I still think in both but only utter in metric. 
What was it really, now :confused:  
Count

----------


## Guy

Well, i was brought up in the UK. 
At school we were only taught the metric system, but outside of school everything was imperial which is a good thing coz now i can work in both metric and imperial at the same time. I confuse a lot of customers by measuring something in metric and imperial. Sometimes the imperial is closest measurment.

----------


## duckman

G'day jow104,   

> I have a double garage with an asbestos corrugated type flat roof. I would like to change the roof structure to a tiled pitch style. I need to keep the overall height no greater than 4 mtrs to avoid applying for planning permission. The width of the garage is 5.5mtrs.  What headroom would I have at 30 degrees pitch or can I have a lower pitch than this figure?
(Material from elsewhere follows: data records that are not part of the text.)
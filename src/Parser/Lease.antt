-- ===== src/Parser/Lease.antt =====
-- `ParseLease` of internal/parser/ix2106/lease.go.
pub mod Rows
pub mod Exact
use dhcp_lease_observer.Prelude.{
  ℕ, suc, ◌+◌, not, ◌&&◌, ◌||◌, Option, none, some, List, [], ◌∷◌, ◌++◌, leb, length, Result, ok,
  err, ◌>>=◌, ◌>>◌, reject_if, wrap_err, if◌then◌else◌, ◌==◌, ℤ, pos, ltb_ℤ, eqb_ℤ,
}
use dhcp_lease_observer.Text.{Bytes, codes, is_empty, bytes_eq}
use dhcp_lease_observer.Net.{Addr, is4, parse_addr4}
use dhcp_lease_observer.Model.{
  Assignment, dynamic, fixed, bound, LeaseRecord, LeaseTable, lease_table_validate,
}
use dhcp_lease_observer.Model.Mac.{MacAddress, parse_mac_address}
use dhcp_lease_observer.Session.Prompt.{is_config_prompt}
use dhcp_lease_observer.Parser.Numbers.{parse_int}
use dhcp_lease_observer.Parser.Fields.{row_fields, is_address_field, is_mac_field, number_after}
use dhcp_lease_observer.Parser.Transcript.{
  Reader, ParserError, missing_headers, unsupported_summary, count_out_of_range, unsupported_header,
  record_limit, count_mismatch, validation_failed, row_unsupported, read_transcript_lines,
}

abbrev pub max_lease_records : ℕ
max_lease_records = 2048

abbrev pub lease_codes : Bytes
lease_codes = codes "Codes : D - Dynamic assignments, F - Fixed assignments"

abbrev pub lease_columns : Bytes
lease_columns = codes "IP Address      MAC Address       BoundTime LeaseTime State     Profile"

-- A row with its disposition.
pub data LeaseRow : Type 0 where
  bound_row : LeaseRecord → LeaseRow
  offered_row abandoned_row : LeaseRow

-- The seven groups of `leaseRowPattern`.
pub record RowMatch : Type 0 where
  pub assignment : Assignment
  pub ip : Bytes
  pub mac : Bytes
  pub bound_time : Bytes
  pub lease_time : Bytes
  pub state : Bytes
  pub profile : Bytes

abbrev match_assignment : Bytes → Option Assignment
match_assignment code =
    if code == codes "D" then some dynamic else if code == codes "F" then some fixed else none

unfoldable pub match_row : Bytes → Option RowMatch
match_row line = elim (row_fields line) [
  | code ∷ ip ∷ mac ∷ bound_time ∷ lease_time ∷ state ∷ profile ∷ [] ↦
      elim (match_assignment code) [
        | none ↦ none
        | some assignment ↦
            if is_address_field ip && is_mac_field mac && not (is_empty profile)
            then some (record {
              assignment = assignment;
              ip = ip;
              mac = mac;
              bound_time = bound_time;
              lease_time = lease_time;
              state = state;
              profile = profile;
            })
            else none
      ]
  | _ ↦ none
]

-- The end of `parseLeaseRow`, behind the two addresses.
unfoldable pub classify_row : RowMatch → Addr → MacAddress → Option LeaseRow
classify_row r ip mac =
    if r.state == codes "Offered" || r.state == codes "Abandoned"
    then if not (r.bound_time == codes "N/A") || not (r.lease_time == codes "N/A")
      then none
      else if r.state == codes "Offered"
      then some offered_row
      else some abandoned_row
    else if not (r.state == codes "Bound")
    then none
    else elim (parse_int r.bound_time) [
      | none ↦ none
      | some bound_time ↦ elim (parse_int r.lease_time) [
        | none ↦ none
        | some lease_time ↦ some (
            bound_row (record {
              assignment = r.assignment;
              ip = ip;
              hardware_address = mac;
              bound_time_seconds = bound_time;
              lease_time_seconds = lease_time;
              state = bound;
              profile = r.profile;
            }))
      ]
    ]

-- `parseLeaseRow`; none stands for its one error.
unfoldable pub parse_lease_row : Bytes → Option LeaseRow
parse_lease_row line = elim (match_row line) [
  | none ↦ none
  | some r ↦ elim (parse_addr4 r.ip) [
    | none ↦ none
    | some ip ↦
        if not (is4 ip)
        then none
        else elim (parse_mac_address r.mac) [ none ↦ none | some mac ↦ classify_row r ip mac ]
  ]
]

-- The loop of `ParseLease`: from the index of a row, the count of bound rows and the records so far.
unfoldable pub scan_rows :
    ℕ → ℕ → List LeaseRecord → List Bytes → Result ParserError (ℕ × List LeaseRecord)
scan_rows index bound_rows records [] = ok (bound_rows, records)
scan_rows index bound_rows records (line ∷ lines) =
    reject_if (leb max_lease_records index) record_limit
    >> elim (parse_lease_row line) as (λ _. Result ParserError (ℕ × List LeaseRecord)) [
      | none ↦ err (row_unsupported (index + 4))
      | some (bound_row record') ↦
          scan_rows (suc index) (suc bound_rows) (records ++ record' ∷ []) lines
      | some offered_row ↦ scan_rows (suc index) bound_rows records lines
      | some abandoned_row ↦ scan_rows (suc index) bound_rows records lines
    ]

-- The lines without the config prompt at their end.
unfoldable pub drop_prompt : List Bytes → List Bytes
drop_prompt [] = []
drop_prompt (l ∷ []) = if is_config_prompt l then [] else l ∷ []
drop_prompt (l ∷ m ∷ ls) = l ∷ drop_prompt (m ∷ ls)

-- `leaseCountPattern`, and the number in it.
unfoldable pub match_count : Bytes → Option Bytes
match_count line = elim (number_after (codes "Leased to ") line) [
  | none ↦ none
  | some (digits, rest) ↦ if rest == codes " clients" then some digits else none
]

-- `strconv.Atoi` of the count, up to the limit of records.
unfoldable pub reported : Bytes → Result ParserError ℤ
reported digits = elim (parse_int digits) [
  | none ↦ err count_out_of_range
  | some count ↦ if ltb_ℤ (pos max_lease_records) count then err count_out_of_range else ok count
]

-- `ParseLease` behind the summary line.
unfoldable pub lease_table : ℤ → Bytes → Bytes → List Bytes → Result ParserError LeaseTable
lease_table count codes_line columns rows = do
  reject_if (not (codes_line == lease_codes) || not (columns == lease_columns)) unsupported_header
  (bound_rows, records) ← scan_rows 0 0 [] rows
  reject_if (not (eqb_ℤ (pos bound_rows) count)) count_mismatch
  let table : LeaseTable = record { reported_count = pos (length records); records = records }
  wrap_err (λ _. validation_failed) (lease_table_validate table)
  ok table

unfoldable pub lease_lines : List Bytes → Result ParserError LeaseTable
lease_lines (summary ∷ codes_line ∷ columns ∷ rows) = elim (match_count summary) [
  | none ↦ err unsupported_summary
  | some digits ↦ do count ← reported digits; lease_table count codes_line columns rows
]
lease_lines _ = err missing_headers

-- `ParseLease`
unfoldable pub parse_lease : Reader → Result ParserError LeaseTable
parse_lease reader = do lines ← read_transcript_lines reader; lease_lines (drop_prompt lines)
  Glenn K is essentailly correct but he left out one very important detail which is the height of the roof structure itself ie the rafter and batten and possibly the roof covering. Roof covering or cladding may or may not have to be included in the height calculation depending on the building/planning regulations in your town/suburb, county etc, etc. 
Bear in mind that the rafters and battens have to be measured plumb ie vertically. This dimension is always greater than the width of the timber. 
A picture is worth a thousand words so give me a couple of hours, its Saturday morning here and I have go shopping.   :Frown:   
All will become clear soon. 
HTH, 
Mark.

----------


## Rocker

Glenn,  
I think you have got your sines confused with your tangents. The number jow needs is 2.75 x Tan 30. i.e. 1.59 m. See attached diagram. 
Rocker

----------


## glenn k

Yes Rocker you are right
sin=opp/hyp 
where tan= opp/adj
sorry woody (and I used to teach maths)

----------


## Barry_White

There is still hope then for us who are maths challenged then.

----------


## Ian007

hi jow104, 
you dont say if your garage has any overhang ie eves
if it does then the calculations above would be wrong
you should spec if there is any overhang and if so what size
and we can work it out. 
I will go and find the math formula and post it hear so you could give it a go at working out 
Cheers Ian  :Smilie:

----------


## duckman

> hi jow104, 
> you dont say if your garage has any overhang ie eves
> if it does then the calculations above would be wrong
> you should spec if there is any overhang and if so what size
> and we can work it out. 
> I will go and find the math formula and post it hear so you could give it a go at working out 
> Cheers Ian

  Ian, the presence of eaves has no relevance to the total rise of any roof. All it does it change the overall rafter length. The span of the roof in conjunction with the pitch and the rafter/batten dimensions, determines the overall height. 
In Australia, Hancock's roof book is still the definative way to perform these calculations. :Smilie:  
Mark.

----------


## Ian007

would it not be true that if you had a longer rafter run then the finished height would be changed as the base width is changed? 
are you saying that a building 6m wide with 30deg pitch would have the same finished building height as a building 5m wide with the same pitch? 
Cheers Ian  :Smilie:

----------


## duckman

> would it not be true that if you had a longer rafter run then the finished height would be changed as the base width is changed?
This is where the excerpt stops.